CAPTCHA-LLM: Overview

What is CAPTCHA-LLM?

CAPTCHA-LLM is a research project investigating whether tasks rooted in deep human perceptual advantages can produce CAPTCHAs resilient to frontier multimodal LLMs. Two CAPTCHA classes are introduced and evaluated:

ASCII art CAPTCHAs: alphanumeric strings rendered using pyfiglet (50+ fonts), presented as either raw text or PNG images
Overlapping audio CAPTCHAs: CommonsenseQA 5-choice questions synthesised via XTTS-v2 TTS, then augmented with background noise, Gaussian noise, or overlapping speech

The core hypothesis: humans evolved specialised neural processing for tasks like Gestalt pattern perception and selective auditory attention (the “cocktail-party effect”).
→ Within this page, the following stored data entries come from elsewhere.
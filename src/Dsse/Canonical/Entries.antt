-- ===== src/Dsse/Canonical/Entries.antt =====
-- crates/aep-core/src/dsse.rs: the sort of an object's keys, with their values carried along.
use Prim.Native.Nat.{Ordering}
use wasmagent_proxy.Base.{
  suc, length, arith, ◌≡◌, ◌↔◌, ◌⊎◌, inl, inr, refl, sym, ap, ◌∙◌, List, [], ◌∷◌, map, In, All,
  All-In, All-of,
}
use wasmagent_proxy.Json.{Map}
use wasmagent_proxy.Json.Members.{Entry, entries, Within}
use wasmagent_proxy.Dsse.Canonical.{Pair, compare_utf16, insert_pair, sort_pairs}

unfoldable pub insert_entry : Entry → List Entry → List Entry
insert_entry e [] = e ∷ []
insert_entry e (f ∷ fs) = elim (compare_utf16 e.0 f.0) [
  | Ordering.gt ↦ f ∷ insert_entry e fs
  | Ordering.eq ↦ e ∷ f ∷ fs
  | Ordering.lt ↦ e ∷ f ∷ fs
]

unfoldable pub sort_entries : List Entry → List Entry
unfolding insert_entry
sort_entries [] = []
sort_entries (e ∷ es) = insert_entry e (sort_entries es)

pub Ordering-cases : (o : Ordering) → (o ≡ Ordering.lt) ⊎ (o ≡ Ordering.eq) ⊎ (o ≡ Ordering.gt)
Ordering-cases Ordering.lt = inl refl
Ordering-cases Ordering.eq = inr (inl refl)
Ordering-cases Ordering.gt = inr (inr refl)

pub In-insert_entry :
    (e f : Entry) (fs : List Entry) → In e (insert_entry f fs) ↔ ((e ≡ f) ⊎ In e fs)
unfolding insert_entry
In-insert_entry e f [] = (λ h. h, λ h. h)
In-insert_entry e f (g ∷ gs) =
    let (out, into) = In-insert_entry e f gs in
    elim (Ordering-cases (compare_utf16 f.0 g.0)) [
      | inl before ↦ rw (before, insert_entry) (λ h. h, λ h. h)
      | inr (inl same) ↦ rw (same, insert_entry) (λ h. h, λ h. h)
      | inr (inr after) ↦
          rw (after, insert_entry)
            (
              λ h. elim h [
                | inl here ↦ inr (inl here)
                | inr later ↦ elim (out later) [ inl this ↦ inl this | inr rest ↦ inr (inr rest) ]
              ],
              λ h. elim h [
                | inl this ↦ inr (into (inl this))
                | inr (inl here) ↦ inl here
                | inr (inr rest) ↦ inr (into (inr rest))
              ],
            )
    ]

pub In-sort_entries : (e : Entry) (es : List Entry) → In e (sort_entries es) ↔ In e es
unfolding sort_entries
In-sort_entries e [] = (λ h. h, λ h. h)
In-sort_entries e (f ∷ es) =
    let (out, into) = In-insert_entry e f (sort_entries es) in
    let (back, forth) = In-sort_entries e es in
    (
      λ h. elim (out h) [ inl this ↦ inl this | inr rest ↦ inr (back rest) ],
      λ h. into (elim h [ inl this ↦ inl this | inr rest ↦ inr (forth rest) ]),
    )

length-insert_entry : (e : Entry) (fs : List Entry) → length (insert_entry e fs) ≡ suc (length fs)
unfolding insert_entry
length-insert_entry e [] = refl
length-insert_entry e (f ∷ fs) = ground (arith, length-insert_entry e fs)

pub length-sort_entries : (es : List Entry) → length (sort_entries es) ≡ length es
unfolding sort_entries
length-sort_entries [] = refl
length-sort_entries (e ∷ es) =
    length-insert_entry e (sort_entries es) ∙ ap suc (length-sort_entries es)

pub All-sort_entries : (P : Entry → Type 0) (es : List Entry) → All P es → All P (sort_entries es)
All-sort_entries P es h =
    All-of P (sort_entries es) (λ e m. All-In P es e h ((In-sort_entries e es).0 m))

pub sorted-Within : (m n : Map) → sort_entries (entries m) ≡ sort_entries (entries n) → Within m n
sorted-Within m n same e h =
    (In-sort_entries e (entries n)).0 (rw (sym same) ((In-sort_entries e (entries m)).1 h))

module _ (render : Entry → Pair) (keyed : (e : Entry) → (render e).0 ≡ e.0) where
  insert_pair-map :
      (e : Entry) (fs : List Entry)
      → insert_pair (render e) (map render fs) ≡ map render (insert_entry e fs)
  unfolding insert_pair insert_entry
  insert_pair-map e [] = refl
  insert_pair-map e (f ∷ fs) =
      let ih = insert_pair-map e fs in
      elim (Ordering-cases (compare_utf16 e.0 f.0)) [
        | inl before ↦ rw (keyed e, keyed f, before, insert_pair, insert_entry) refl
        | inr (inl same) ↦ rw (keyed e, keyed f, same, insert_pair, insert_entry) refl
        | inr (inr after) ↦
            rw (keyed e, keyed f, after, insert_pair, insert_entry) (ap (λ ps. render f ∷ ps) ih)
      ]

  pub sort_pairs-map : (es : List Entry) → sort_pairs (map render es) ≡ map render (sort_entries es)
  unfolding sort_pairs sort_entries
  sort_pairs-map [] = refl
  sort_pairs-map (e ∷ es) =
      ap (insert_pair (render e)) (sort_pairs-map es) ∙ insert_pair-map e (sort_entries es)
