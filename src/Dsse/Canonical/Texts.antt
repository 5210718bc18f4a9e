-- ===== src/Dsse/Canonical/Texts.antt =====
-- crates/aep-core/src/dsse.rs: the canonical JSON of arrays, objects and scalars, in parts.
use wasmagent_proxy.Base.{◌≡◌, refl, ap, List, [], ◌∷◌, ◌++◌, append_assoc, map, Text, codes}
use wasmagent_proxy.Json.{
  Value, null, boolean, number, string, array, object, Items, nil, cons, end, field, Map, Crates,
}
use wasmagent_proxy.Json.Order.{IsWellFormed}
use wasmagent_proxy.Json.Members.{Entry, entries}
use wasmagent_proxy.Dsse.Canonical.{
  Pair, texts, join, canonical_json_value, canonical_items, canonical_pairs,
}
use wasmagent_proxy.Dsse.Canonical.Entries.{sort_entries, sort_pairs-map}

-- A value that `serde_json::to_string` prints for the canonical form.
abbrev pub IsScalar : Value → Type 0
IsScalar (array xs) = ⊥
IsScalar (object m) = ⊥
IsScalar _ = Unit

abbrev pub listed : Items → List Value
listed nil = []
listed (cons v xs) = v ∷ listed xs

pub listed-injective : (xs ys : Items) → listed xs ≡ listed ys → xs ≡ ys
listed-injective nil nil e = refl
listed-injective nil (cons v ys) e = cc
listed-injective (cons u xs) nil e = cc
listed-injective (cons u xs) (cons v ys) e =
    let rest = listed-injective xs ys (cc e) in cc (e, rest)

abbrev pub IsKept : Entry → Type 0
IsKept e = IsWellFormed e.1

module _ (x : Crates) where
  abbrev pub can : Value → Text
  can = canonical_json_value x

  abbrev pub pair_text : Entry → Text
  pair_text e = x.to_string (string e.0) ++ (codes ":" ++ can e.1)

  abbrev pub render : Entry → Pair
  render e = (e.0, pair_text e)

  canonical_items-map : (xs : Items) → canonical_items x xs ≡ map can (listed xs)
  unfolding canonical_json_value
  canonical_items-map nil = refl
  canonical_items-map (cons v xs) = ap (λ ts. can v ∷ ts) (canonical_items-map xs)

  canonical_pairs-map : (m : Map) → canonical_pairs x m ≡ map render (entries m)
  unfolding canonical_json_value
  canonical_pairs-map end = refl
  canonical_pairs-map (field k v m) = ap (λ ps. render (k, v) ∷ ps) (canonical_pairs-map m)

  texts-map : (es : List Entry) → texts (map render es) ≡ map pair_text es
  texts-map [] = refl
  texts-map (e ∷ es) = ap (λ ts. pair_text e ∷ ts) (texts-map es)

  abbrev pub sorted : Map → List Entry
  sorted m = sort_entries (entries m)

  pub object_text :
      (m : Map) (s : Text)
      → can (object m) ++ s ≡ b'{' ∷ (join (map pair_text (sorted m)) ++ (b'}' ∷ s))
  unfolding canonical_json_value
  object_text m s =
      rw
        (canonical_pairs-map m, sort_pairs-map render (λ e. refl) (entries m), texts-map (sorted m))
        (ap (λ r. b'{' ∷ r) (append_assoc (join (map pair_text (sorted m))) (codes "}") s))

  pub array_text :
      (xs : Items) (s : Text)
      → can (array xs) ++ s ≡ b'[' ∷ (join (map can (listed xs)) ++ (b']' ∷ s))
  unfolding canonical_json_value
  array_text xs s =
      rw (canonical_items-map xs)
        (ap (λ r. b'[' ∷ r) (append_assoc (join (map can (listed xs))) (codes "]") s))

  pub scalar_text : (v : Value) → IsScalar v → can v ≡ x.to_string v
  unfolding canonical_json_value
  scalar_text null h = refl
  scalar_text (boolean b) h = refl
  scalar_text (number n) h = refl
  scalar_text (string s) h = refl
  scalar_text (array xs) h = absurd h
  scalar_text (object m) h = absurd h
CAPTCHAs that require these capabilities should be trivially solvable by humans but hard for AI systems that lack these specific adaptations.

Paper: arXiv:2604.03612

Key results

ASCII art CAPTCHAs:

Zero models achieved full accuracy on any sample across all text-input and image-input conditions
The only non-zero result was Gemini 3 Flash Preview (image input): 0.16% exact accuracy: 1 correct answer out of 628 total samples
Best text similarity was 55.48% (Gemini 3 Flash, image): meaning even the best model gets roughly half the characters right on average, but never the complete string
DeepSeek v3.2-exp averaged 84.49 seconds per response: still achieving 0% accuracy
Gemini 3 Pro with extended thinking spent 145 seconds on a single sample, correctly identifying only 1 character

Audio CAPTCHAs:

Under clean conditions, models perform reasonably (46–75% vs a 20% random baseline)
Under combined overlapping speech, all models collapse toward the random baseline: Gemini 3 Flash 48%, VoxTral Small 40%, GPT Audio Mini 27%
GPT Audio Mini reaches exactly 20% under Gaussian noise: statistically indistinguishable from random guessing on a 5-choice question

Why it works

ASCII art (vision models)

Modern vision models: CNNs and Vision Transformers: are optimised to detect local features such as texture, edges, and colour patches. Reading ASCII art requires the opposite: ignoring individual characters and perceiving the global shape they form together (Gestalt principles). Vision models see a noise field of sharp character edges; humans see the letter.

ASCII art (text models)

LLMs see text as a 1D stream of byte-pair encoded tokens, not a 2D grid. A vertical pipe | character across multiple rows tokenises differently depending on neighbouring characters in each row, destroying the spatial alignment that ASCII art encodes. The model cannot reconstruct the 2D structure from a 1D token sequence.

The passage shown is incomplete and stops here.